Wir wandern bei Ebbe auch immer auf die Wellenbrecher 

Bin das WE 13.-15.09. dort ! #h Ich hoffe das Wetter spielt mit. Wir möchten ein Angelwochenende machen.


----------



## HsPray (6. September 2013)

*AW: Angeln auf Texel*

Mahlzeit. 

Bin ab nächste Woche Montag auf texel. Habe mir jetzt Sonne Art grundausrüstung gekauft für das brandungsangeln. Werde aber auch ne spinn mitnehmen. 
Was sagt ihr oben am Leuchtturm , westlich an den Buhnen und Hafen Oudeschild  ??? Wir wohnen in de koog. Mit Fahrrad alles abklappern wird schwer.

Brauch ich ne Wathose ? Oder reicht es von den Buhnen aus ? 

Spinner besorgen ? Am Liebsten wär mir wolfsbarsch. Aber fürs erste mal wäre Fisch überhaupt ne feine Sache ;-) 

Gruß HsPray


----------



## argl (11. September 2013)

*AW: Angeln auf Texel*

Moin!

Freitag geht es los. Samstag wollen wir vielleicht mit der Rival rausfahren oder am Leuchtturm und Sonntag vom Strand am Leuchtturm vom Pier auf Wolfsbarsch! 

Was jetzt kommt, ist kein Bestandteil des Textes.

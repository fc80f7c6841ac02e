-- ===== src/Manager.antt =====
-- handshake_manager.go: the outbound handshakes in progress.
-- Both maps of the manager point to the same `pendingHandshake`, which changes in place: handshakes
-- stand in a store, and the maps hold references into it. The mutex makes each method one step.
pub mod Pending
pub mod Packets
pub mod Stages
pub mod Retry
pub mod Invariant
pub mod Laws
pub mod Expiry
pub mod Sessions
pub mod GivesUp
pub mod Runs
pub mod Messages
pub mod Answers
pub mod Mirror
use neth.Base.{
  ℕ, suc, ◌+◌, ◌≤◌, ◌≡◌, List, [], ◌∷◌, ◌++◌, Option, none, some, leb, length, drop, if◌then◌else◌,
  nat_key,
}
use neth.Base.Assoc.{Assoc, lookup, insert, delete}
use neth.Base.Pointers.{deref}
use neth.Net.{Addr, UdpAddr, addr_key}
use neth.Cert.{Certificate, CertError}
use neth.Header.{HeaderError}
use neth.Handshake.{MessageError}
use neth.Noise.{DhKey}

abbrev pub max_pending_packets : ℕ
max_pending_packets = 50

-- pendingHandshake, with the Noise library's type of states.
pub record PendingHandshake (State : Type 0) : Type 0 where
  pub state : State
  pub local_index : ℕ
  pub remote_vpn_ip : Addr
  pub remote_addr : UdpAddr
  pub pending_packets : List (List ℕ)
  pub attempts : ℕ
  pub next_retry : ℕ
  pub stage0msg : List ℕ

-- The manager without its connection and callback, which each method's result stands for.
pub record HandshakeManager (State : Type 0) : Type 0 where
  pub local_cert : Certificate
  pub local_key : DhKey
  pub ca_pool : List Certificate
  pub handshakes : Assoc ℕ (PendingHandshake State)
  pub next_ref : ℕ
  pub pending : Assoc Addr ℕ
  pub index_map : Assoc ℕ ℕ

pub data HandshakeError : Type 0 where
  random_failed initiator_state_failed responder_state_failed : HandshakeError
  noise_write_failed noise_read_failed marshal_failed send_failed : HandshakeError
  message_failed : MessageError → HandshakeError
  packet_too_short : ℕ → HandshakeError
  header_failed : HeaderError → HandshakeError
  cert_parse_failed cert_verify_failed : CertError → HandshakeError
  unknown_remote_index : ℕ → HandshakeError
  no_cipher_states cipher_failed : HandshakeError

-- The slice operations of QueuePacket: the oldest packet is dropped from a full queue.
pub enqueue : List (List ℕ) → List ℕ → List (List ℕ)
enqueue packets pkt =
    (if leb max_pending_packets (length packets) then drop 1 packets else packets) ++ pkt ∷ []

module _ {State : Type 0} where
  -- NewHandshakeManager
  unfoldable pub new_handshake_manager :
      Certificate → DhKey → List Certificate → HandshakeManager State
  new_handshake_manager local_cert local_key ca_pool = record {
    local_cert = local_cert;
    local_key = local_key;
    ca_pool = ca_pool;
    handshakes = [];
    next_ref = 0;
    pending = [];
    index_map = [];
  }

  -- m.pending[remoteVpnIP], with its pointer.
  pub find_pending : Addr → HandshakeManager State → Option (ℕ × PendingHandshake State)
  find_pending ip m = deref m.handshakes (lookup ip m.pending)

  -- m.indexMap[idx], with its pointer.
  unfoldable pub find_index : ℕ → HandshakeManager State → Option (ℕ × PendingHandshake State)
  find_index idx m = deref m.handshakes (lookup idx m.index_map)

  -- The two map writes at the end of StartHandshake.
  unfoldable pub enter :
      Addr → PendingHandshake State → HandshakeManager State → HandshakeManager State
  enter ip ph m = record m {
    handshakes = insert m.next_ref ph m.handshakes;
    next_ref = suc m.next_ref;
    pending = insert ip m.next_ref m.pending;
    index_map = insert ph.local_index m.next_ref m.index_map;
  }

  -- The deletes of both maps.
  unfoldable pub leave : Addr → ℕ → HandshakeManager State → HandshakeManager State
  leave ip idx m = record m { pending = delete ip m.pending; index_map = delete idx m.index_map }

  -- A write through a pointer to a pending handshake.
  pub write_pending : ℕ → PendingHandshake State → HandshakeManager State → HandshakeManager State
  write_pending r ph m = record m { handshakes = insert r ph m.handshakes }

  -- QueuePacket
  pub queue_packet : Addr → List ℕ → HandshakeManager State → HandshakeManager State
  queue_packet ip pkt m = elim (find_pending ip m) [
    | none ↦ m
    | some (r, ph) ↦
        write_pending r (record ph { pending_packets = enqueue ph.pending_packets pkt }) m
  ]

War jemand schon mit dem Boot raus auf Makrelen ?


----------



## argl (18. September 2013)

*AW: Angeln auf Texel*

Sonntag ging es auf die Rival.
1 Makrele und 1 Flint gefangen.

Insg. wurden auf dem Boot nur 5 Makrelen gefangen. 

Nächstes Jahr geht's wieder los.


----------